____ Provided material

-- ===== src/Market/Dated.antt =====
-- The order of the rates in `list_current_rates` of services/market_rate_service.py, and the first
-- rate of a key in that order.
use agri_flow.Prelude.{
  ℕ, ◌≤◌, ◌≡◌, refl, sym, ◌⊎◌, inl, inr, Bool, true, false, none, some, List, [], ◌∷◌, arith,
  Bool-cases, leb,
}
use agri_flow.Models.{MarketRate}
use agri_flow.Market.{insert_by_date, by_date, rate_for}
use agri_flow.Market.Latest.{In}

-- no rate of the list is of a later day
abbrev AtMost : ℕ → List MarketRate → Type 0
AtMost e [] = Unit
AtMost e (r ∷ rs) = (r.effective_date ≤ e) × AtMost e rs

abbrev pub IsSorted : List MarketRate → Type 0
IsSorted [] = Unit
IsSorted (r ∷ rs) = AtMost r.effective_date rs × IsSorted rs

AtMost-weaken : (e f : ℕ) (rs : List MarketRate) → e ≤ f → AtMost e rs → AtMost f rs
AtMost-weaken e f [] le h = tt
AtMost-weaken e f (r ∷ rs) le h = (omega (arith, h.0, le), AtMost-weaken e f rs le h.1)

insert_by_date-AtMost :
    (e : ℕ) (r : MarketRate) (rs : List MarketRate)
    → r.effective_date ≤ e
    → AtMost e rs
    → AtMost e (insert_by_date r rs)
insert_by_date-AtMost e r [] le h = (le, tt)
insert_by_date-AtMost e r (q ∷ qs) le h =
    elim (Bool-cases (leb q.effective_date r.effective_date)) [
      | inl c ↦ rw c (le, h)
      | inr c ↦ rw c (h.0, insert_by_date-AtMost e r qs le h.1)
    ]

day_le : (a b : ℕ) → leb a b ≡ true → a ≤ b
day_le a b h = ground arith

day_ge : (a b : ℕ) → leb a b ≡ false → b ≤ a
day_ge a b h = ground arith

insert_by_date-IsSorted :
    (r : MarketRate) (rs : List MarketRate) → IsSorted rs → IsSorted (insert_by_date r rs)
insert_by_date-IsSorted r [] h = (tt, tt)
insert_by_date-IsSorted r (q ∷ qs) h = elim (Bool-cases (leb q.effective_date r.effective_date)) [
  | inl c ↦
      let le = day_le q.effective_date r.effective_date c in
      rw c ((le, AtMost-weaken _ _ qs le h.0), h)
  | inr c ↦ rw c (
    insert_by_date-AtMost q.effective_date r qs (day_ge _ _ c) h.0,
    insert_by_date-IsSorted r qs h.1,
  )
]

pub by_date-IsSorted : (rs : List MarketRate) → IsSorted (by_date rs)
by_date-IsSorted [] = tt
by_date-IsSorted (r ∷ rs) = insert_by_date-IsSorted r (by_date rs) (by_date-IsSorted rs)

pub In-cons : (x q : MarketRate) (qs : List MarketRate) → In x (q ∷ qs) → (x ≡ q) ⊎ In x qs
In-cons x q qs In.here = inl refl
In-cons x q qs (In.later m) = inr m

In-insert_by_date :
    (x r : MarketRate) (rs : List MarketRate) → In x (insert_by_date r rs) → (x ≡ r) ⊎ In x rs
In-insert_by_date x r [] m = In-cons x r [] m
In-insert_by_date x r (q ∷ qs) m = elim (Bool-cases (leb q.effective_date r.effective_date)) [
  | inl c ↦ In-cons x r (q ∷ qs) (rw c at m)
  | inr c ↦ elim (In-cons x q (insert_by_date r qs) (rw c at m)) [
    | inl e ↦ inr (rw e In.here)
    | inr n ↦ elim (In-insert_by_date x r qs n) [ inl e ↦ inl e | inr k ↦ inr (In.later k) ]
  ]
]

insert_by_date-In :
    (x r : MarketRate) (rs : List MarketRate) → (x ≡ r) ⊎ In x rs → In x (insert_by_date r rs)
insert_by_date-In x r [] (inl e) = rw e In.here
insert_by_date-In x r [] (inr m) = In.later m
insert_by_date-In x r (q ∷ qs) m = elim (Bool-cases (leb q.effective_date r.effective_date)) [
  | inl c ↦ rw c (elim m [ inl e ↦ rw e In.here | inr n ↦ In.later n ])
  | inr c ↦ rw c (elim m [
    | inl e ↦ In.later (insert_by_date-In x r qs (inl e))
    | inr n ↦ elim (In-cons x q qs n) [
      | inl e ↦ rw e In.here
      | inr k ↦ In.later (insert_by_date-In x r qs (inr k))
    ]
  ])
]

pub In-by_date : (x : MarketRate) (rs : List MarketRate) → In x (by_date rs) → In x rs
In-by_date x [] m = m
In-by_date x (r ∷ rs) m = elim (In-insert_by_date x r (by_date rs) m) [
  | inl e ↦ rw e In.here
  | inr n ↦ In.later (In-by_date x rs n)
]

pub by_date-In : (x : MarketRate) (rs : List MarketRate) → In x rs → In x (by_date rs)
by_date-In x [] m = m
by_date-In x (r ∷ rs) m = elim (In-cons x r rs m) [
  | inl e ↦ insert_by_date-In x r (by_date rs) (inl e)
  | inr n ↦ insert_by_date-In x r (by_date rs) (inr (by_date-In x rs n))
]

AtMost-In :
    (e : ℕ) (q : MarketRate) (rs : List MarketRate) → AtMost e rs → In q rs → q.effective_date ≤ e
AtMost-In e q [] h m = elim m [ ]
AtMost-In e q (r ∷ rs) h m = elim (In-cons q r rs m) [
  | inl same ↦ rw same h.0
  | inr n ↦ AtMost-In e q rs h.1 n
]

module _ (has_key : MarketRate → Bool) where
  pub rate_for-In :
      (rs : List MarketRate) (r : MarketRate)
      → rate_for has_key rs ≡ some r
      → In r rs × (has_key r ≡ true)
  rate_for-In [] r h = cc
  rate_for-In (q ∷ qs) r h = elim (Bool-cases (has_key q)) [
    | inl c ↦ let e : q ≡ r = cc (rw c at h) in (rw (sym e) In.here, rw (sym e) c)
    | inr c ↦ let (m, k) = rate_for-In qs r (rw c at h) in (In.later m, k)
  ]

  pub rate_for-latest :
      (rs : List MarketRate) (r q : MarketRate)
      → IsSorted rs
      → rate_for has_key rs ≡ some r
      → In q rs
      → has_key q ≡ true
      → q.effective_date ≤ r.effective_date
  rate_for-latest [] r q sorted h m k = elim m [ ]
  rate_for-latest (x ∷ xs) r q sorted h m k = elim (Bool-cases (has_key x)) [
    | inl c ↦
        let e : x ≡ r = cc (rw c at h) in
        rw (sym e) (elim (In-cons q x xs m) [
          | inl same ↦ rw same (omega arith)
          | inr n ↦ AtMost-In x.effective_date q xs sorted.0 n
        ])
    | inr c ↦ elim (In-cons q x xs m) [
      | inl same ↦ absurd (cc (rw (same, c) at k))
      | inr n ↦ rate_for-latest xs r q sorted.1 (rw c at h) n k
    ]
  ]

  pub rate_for-none :
      (rs : List MarketRate) (q : MarketRate)
      → rate_for has_key rs ≡ none
      → In q rs
      → has_key q ≡ false
  rate_for-none [] q h m = elim m [ ]
  rate_for-none (x ∷ xs) q h m = elim (Bool-cases (has_key x)) [
    | inl c ↦ absurd (cc (rw c at h))
    | inr c ↦ elim (In-cons q x xs m) [
      | inl same ↦ rw same c
      | inr n ↦ rate_for-none xs q (rw c at h) n
    ]
  ]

________

_Task instructions_
On how many lines above does the word "weaken" appear? Only the number should be given.

_Reply to the task_
4